====== DATA EXCERPTS ======
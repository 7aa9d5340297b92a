-- ===== src/Patch.antt =====
-- internal/tooling/patch.go: the commit of staged changes, and its rollback. The files are a map from
-- paths to nodes; `faults` says which of the calls of the system fail, counted from the start, and
-- `backup_path` is the name that backupPath draws. What a rename replaces, removes and refuses is that
-- of os.Rename and os.Remove on one file system, for files whose directories exist. The parsing of a
-- patch, the staging in temporary files and the directories that it creates are left out.
pub mod Effects
pub mod Steps
pub mod Plain
pub mod Publish
pub mod Commit
pub mod Rollback
pub mod Atomic
mod Examples
use text.Mathlib.Text.{◌==◌ as str_eq}
use alt_tui.Prelude.{
  ℕ, suc, String, Option, none, some, Bool, true, false, not, ◌&&◌, ◌||◌, List, [], ◌∷◌,
  if◌then◌else◌,
}

-- a file or a link with its content and mode, or a directory, which is one node with all that it holds
pub data Node : Type 0 where
  file : String → ℕ → Node
  directory : Node

abbrev pub Nodes : Type 0
Nodes = String → Option Node

-- `calls` have been made of the system, and `drawn` names of backups
pub record Disk : Type 0 where
  pub nodes : Nodes
  pub calls : ℕ
  pub drawn : ℕ

-- the content of a path replaced
abbrev pub put : String → Option Node → Nodes → Nodes
put k v f p = if str_eq k p then v else f p

abbrev pub called : Disk → Disk
called d = record d { calls = suc d.calls }

pub record PlannedChange : Type 0 where
  pub old_path : String
  pub new_path : String
  pub content : String
  pub mode : ℕ
  pub is_delete : Bool

pub record StagedChange : Type 0 where
  pub plan : PlannedChange
  pub temp_path : String
  pub old_backup : String
  pub new_backup : String
  pub old_moved : Bool
  pub new_moved : Bool
  pub new_written : Bool

-- the answer of os.Lstat: a node, os.ErrNotExist, or another error
pub data Stat : Type 0 where
  present absent unreadable : Stat

abbrev pub has_path : String → Bool
has_path p = not (str_eq p "")

abbrev pub is_directory : Option Node → Bool
is_directory (some directory) = true
is_directory _ = false

-- a rename over a directory is refused, and that of a directory over a file
abbrev pub blocks : Option Node → Option Node → Bool
blocks moving none = false
blocks moving (some at) = is_directory (some at) || is_directory moving

abbrev pub stat_of : Option Node → Stat
stat_of none = absent
stat_of (some _) = present

module _ (faults : ℕ → Bool) (backup_path : ℕ → String → String) where
  abbrev move : String → String → Disk → Option Node → Disk × Bool
  move a b d none = (called d, false)
  move a b d (some n) =
      if blocks (some n) (d.nodes b)
      then (called d, false)
      else (record (called d) { nodes = put b (some n) (put a none d.nodes) }, true)

  -- os.Rename, and whether it succeeded
  unfoldable pub rename : String → String → Disk → Disk × Bool
  rename a b d = if faults d.calls then (called d, false) else move a b d (d.nodes a)

  -- os.Remove, whose error is never read; a directory is taken to have entries
  unfoldable pub remove : String → Disk → Disk
  remove p d =
      if faults d.calls || is_directory (d.nodes p)
      then called d
      else record (called d) { nodes = put p none d.nodes }

  -- os.Lstat
  unfoldable pub lstat : String → Disk → Disk × Stat
  lstat p d = (called d, if faults d.calls then unreadable else stat_of (d.nodes p))

  -- what a step of commit leaves: the change with its marks, the files, and whether to go on
  abbrev pub Outcome : Type 0
  Outcome = StagedChange × Disk × Bool

  abbrev pub and_then : Outcome → (StagedChange → Disk → Outcome) → Outcome
  and_then (x, d, true) next = next x d
  and_then (x, d, false) next = (x, d, false)

  abbrev old_kept : StagedChange → Disk × Bool → Outcome
  old_kept x (d, true) = (record x { old_moved = true }, d, true)
  old_kept x (d, false) = (x, d, false)

  abbrev new_kept : StagedChange → Disk × Bool → Outcome
  new_kept x (d, true) = (record x { new_moved = true }, d, true)
  new_kept x (d, false) = (x, d, false)

  abbrev published : StagedChange → Disk × Bool → Outcome
  published x (d, true) = (record x { temp_path = ""; new_written = true }, d, true)
  published x (d, false) = (x, d, false)

  -- the old file is moved to its backup
  unfoldable pub set_old_aside : StagedChange → Disk → Outcome
  set_old_aside x d =
      let backup = backup_path d.drawn x.plan.old_path in
      if has_path x.plan.old_path
      then old_kept (record x { old_backup = backup })
          (rename x.plan.old_path backup (record d { drawn = suc d.drawn }))
      else (x, d, true)

  abbrev set_found_aside : StagedChange → Disk → Stat → Outcome
  set_found_aside x d absent = (x, d, true)
  set_found_aside x d unreadable = (x, d, false)
  set_found_aside x d present =
      let backup = backup_path d.drawn x.plan.new_path in
      new_kept (record x { new_backup = backup })
        (rename x.plan.new_path backup (record d { drawn = suc d.drawn }))

  abbrev looked_up : StagedChange → Disk × Stat → Outcome
  looked_up x (d, s) = set_found_aside x d s

  -- what stands at a new path is moved to a backup
  unfoldable pub set_new_aside : StagedChange → Disk → Outcome
  set_new_aside x d =
      if has_path x.plan.new_path && not (str_eq x.plan.new_path x.plan.old_path)
      then looked_up x (lstat x.plan.new_path d)
      else (x, d, true)

  -- the staged file is moved to the new path
  unfoldable pub publish : StagedChange → Disk → Outcome
  publish x d =
      if x.plan.is_delete then (x, d, true) else published x (rename x.temp_path x.plan.new_path d)

  -- the body of the loop of commit
  abbrev pub commit_item : StagedChange → Disk → Outcome
  commit_item x d = and_then (and_then (set_old_aside x d) set_new_aside) publish

  abbrev pub before :
      StagedChange → List StagedChange × Disk × Bool → List StagedChange × Disk × Bool
  before x (l, d, done) = (x ∷ l, d, done)

  -- patchApplier.commit: an error leaves the later changes as they were staged
  unfoldable pub commit : List StagedChange → Disk → List StagedChange × Disk × Bool
  commit [] d = ([], d, true)
  commit (x ∷ rest) d =
      let (y, e, done) = commit_item x d in
      let later = before y (commit rest e) in if done then later else (y ∷ rest, e, false)

  -- the body of the loop of rollback
  unfoldable pub undo : StagedChange → Disk → Disk
  undo x d =
      let d₁ = if x.new_written then remove x.plan.new_path d else d in
      let d₂ = if x.new_moved then (rename x.new_backup x.plan.new_path d₁).0 else d₁ in
      let d₃ = if x.old_moved then (rename x.old_backup x.plan.old_path d₂).0 else d₂ in
      if has_path x.temp_path then remove x.temp_path d₃ else d₃

  -- patchApplier.rollback, from the last change to the first
  unfoldable pub rollback : List StagedChange → Disk → Disk
  rollback [] d = d
  rollback (x ∷ rest) d = undo x (rollback rest d)

  abbrev rolled_back : List StagedChange × Disk × Bool → Disk × Bool
  rolled_back (l, d, true) = (d, true)
  rolled_back (l, d, false) = (rollback l d, false)

  -- the end of patchApplier.apply: what could not be committed is rolled back
  unfoldable pub commit_or_rollback : List StagedChange → Disk → Disk × Bool
  commit_or_rollback l d = rolled_back (commit l d)
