-- ===== src/Patch/Effects.antt =====
-- internal/tooling/patch.go: what the steps of rollback take back.
use text.Mathlib.Text.{◌==◌ as str_eq}
use alt_tui.Prelude.{
  ℕ, ◌≤◌, String, ◌≡◌, refl, sym, ap, ◌∙◌, inl, inr, Option, none, some, Bool, true, false, ◌||◌,
  ◌&&◌, arith, eq_iff, Bool-cases, if◌then◌else◌,
}
use alt_tui.Patch.{Node, Nodes, Disk, put, has_path, is_directory, rename, remove}

-- The nodes are those of `f`, but for the paths of `gone`, where there is nothing.
abbrev pub IsLike : (String → Bool) → Nodes → Nodes → Type 0
IsLike gone f g = (p : String) → g p ≡ (if gone p then none else f p)

-- what a rename to a backup made of the nodes
abbrev pub Aside : Bool → String → String → Nodes → Nodes → Type 0
Aside true a b f g =
    (n : Node) × (f a ≡ some n)
    × (f b ≡ none)
    × (str_eq a b ≡ false)
    × (g ≡ put b (some n) (put a none f))
Aside false a b f g = g ≡ f

-- what the publication of a staged file made of them
abbrev pub Written : Bool → String → String → Nodes → Nodes → Type 0
Written true temp new f g =
    (n : Node) × (has_path temp ≡ true)
    × (f temp ≡ some n)
    × (is_directory (some n) ≡ false)
    × (f new ≡ none)
    × (g ≡ put new (some n) (put temp none f))
Written false temp new f g = g ≡ f

module _ (faults : ℕ → Bool) (backup_path : ℕ → String → String) where
  -- no call fails from now on
  abbrev pub IsQuiet : Disk → Type 0
  IsQuiet d = (n : ℕ) → d.calls ≤ n → faults n ≡ false

  pub rename-IsQuiet :
      (a b : String) (d : Disk) → IsQuiet d → IsQuiet (rename faults backup_path a b d).0
  unfolding rename
  rename-IsQuiet a b d q n le = q n (elim (Bool-cases (faults d.calls)) [
    | inl e ↦ absurd (ground (arith, q d.calls, e))
    | inr e ↦ ground (arith, le, e)
  ])

  pub remove-IsQuiet : (p : String) (d : Disk) → IsQuiet d → IsQuiet (remove faults backup_path p d)
  unfolding remove
  remove-IsQuiet p d q n le = q n (ground (arith, le))

  -- a rename back from a backup
  rename_back :
      (gone : String → Bool) (a b : String) (n : Node) (f : Nodes) (d : Disk)
      → IsQuiet d
      → gone a ≡ false
      → gone b ≡ false
      → f a ≡ some n
      → f b ≡ none
      → str_eq a b ≡ false
      → IsLike gone (put b (some n) (put a none f)) d.nodes
      → IsLike gone f (rename faults backup_path b a d).0.nodes
  unfolding rename
  rename_back gone a b n f d q ga gb fa fb apart like p =
      let from : d.nodes b ≡ some n = like b ∙ ground (arith, gb, (eq_iff b b).1 refl) in
      let to : d.nodes a ≡ none =
        like a ∙ ground (arith, ga, apart, eq_iff b a, eq_iff a b, (eq_iff a a).1 refl) in
      let runs : faults d.calls ≡ false = q d.calls (ground arith) in
      rw (runs, from, to)
        (elim (Bool-cases (str_eq a p)) [
          | inl e ↦
              rw e
                (sym (ap (λ i. if gone i then none else f i) (sym ((eq_iff a p).0 e)) ∙ rw ga fa))
          | inr e ↦ elim (Bool-cases (str_eq b p)) [
            | inl i ↦
                rw (e, i)
                  (sym (ap (λ j. if gone j then none else f j) (sym ((eq_iff b p).0 i)) ∙ rw gb fb))
            | inr i ↦ rw (e, i) (like p ∙ rw (i, e) refl)
          ]
        ])

  pub Aside-undone :
      (moved : Bool) (gone : String → Bool) (a b : String) (f g : Nodes) (d : Disk)
      → IsQuiet d
      → gone a ≡ false
      → gone b ≡ false
      → Aside moved a b f g
      → IsLike gone g d.nodes
      → IsLike gone f (if moved then (rename faults backup_path b a d).0 else d).nodes
        × IsQuiet (if moved then (rename faults backup_path b a d).0 else d)
  Aside-undone false gone a b f g d q ga gb same like =
      (λ p. like p ∙ ap (λ h. if gone p then none else h p) same, q)
  Aside-undone true gone a b f g d q ga gb (n, fa, fb, apart, same) like = (
    rename_back gone a b n f d q ga gb fa fb apart
        (λ p. like p ∙ ap (λ h. if gone p then none else h p) same),
    rename-IsQuiet b a d q,
  )

  -- a path of a temporary file, besides those that are gone
  abbrev pub and_temp : String → (String → Bool) → String → Bool
  and_temp temp gone p = (has_path temp && str_eq temp p) || gone p

  pub Written-undone :
      (written : Bool) (gone : String → Bool) (temp new : String) (f g : Nodes) (d : Disk)
      → IsQuiet d
      → gone new ≡ false
      → Written written temp new f g
      → IsLike gone g d.nodes
      → IsLike
          (if written then and_temp temp gone else gone)
          f
          (if written then remove faults backup_path new d else d).nodes
        × IsQuiet (if written then remove faults backup_path new d else d)
  unfolding remove
  Written-undone false gone temp new f g d q gn same like =
      (λ p. like p ∙ ap (λ h. if gone p then none else h p) same, q)
  Written-undone true gone temp new f g d q gn (n, has, ft, plain, fn, same) like =
      let like' : IsLike gone (put new (some n) (put temp none f)) d.nodes =
        λ p. like p ∙ ap (λ h. if gone p then none else h p) same in
      let runs : faults d.calls ≡ false = q d.calls (omega arith) in
      let at : d.nodes new ≡ some n = like' new ∙ rw (gn, (eq_iff new new).1 refl) refl in
      (
        λ p.
            rw (runs, at, plain)
              (elim (Bool-cases (str_eq new p)) [
                | inl e ↦
                    let nothing : f p ≡ none = ap f (sym ((eq_iff new p).0 e)) ∙ fn in
                    rw e (ground (arith, nothing))
                | inr e ↦ rw e (like' p ∙ rw e (ground (arith, has)))
              ]),
        remove-IsQuiet new d q,
      )

  pub temp_removed :
      (temp : String) (gone : String → Bool) (f : Nodes) (d : Disk)
      → IsQuiet d
      → (has_path temp ≡ true → is_directory (f temp) ≡ false)
      → IsLike gone f d.nodes
      → IsLike
          (and_temp temp gone)
          f
          (if has_path temp then remove faults backup_path temp d else d).nodes
        × IsQuiet (if has_path temp then remove faults backup_path temp d else d)
  unfolding remove
  temp_removed temp gone f d q plain like = elim (Bool-cases (has_path temp)) [
    | inr e ↦ rw e (λ p. like p, q)
    | inl e ↦
        let runs : faults d.calls ≡ false = q d.calls (omega arith) in
        let kind : is_directory (d.nodes temp) ≡ false =
          ap is_directory (like temp) ∙ either (gone temp) (f temp) (plain e) in
        rw e (λ p. rw (runs, kind) (ground (arith, like p)), remove-IsQuiet temp d q)
  ]
    where
      either :
          (b : Bool) (o : Option Node)
          → is_directory o ≡ false
          → is_directory (if b then none else o) ≡ false
      either true o h = refl
      either false o h = h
======
**TASK TO CARRY OUT:** What the task asks for is a word-for-word repeat of the lines above, from the first through the one containing "refuses is that".

**RESULT OF THIS TASK:**
repository 7aa9d5340297b92a
-- ===== src/Patch.antt =====
-- internal/tooling/patch.go: the commit of staged changes, and its rollback. The files are a map from
-- paths to nodes; `faults` says which of the calls of the system fail, counted from the start, and
-- `backup_path` is the name that backupPath draws. What a rename replaces, removes and refuses is that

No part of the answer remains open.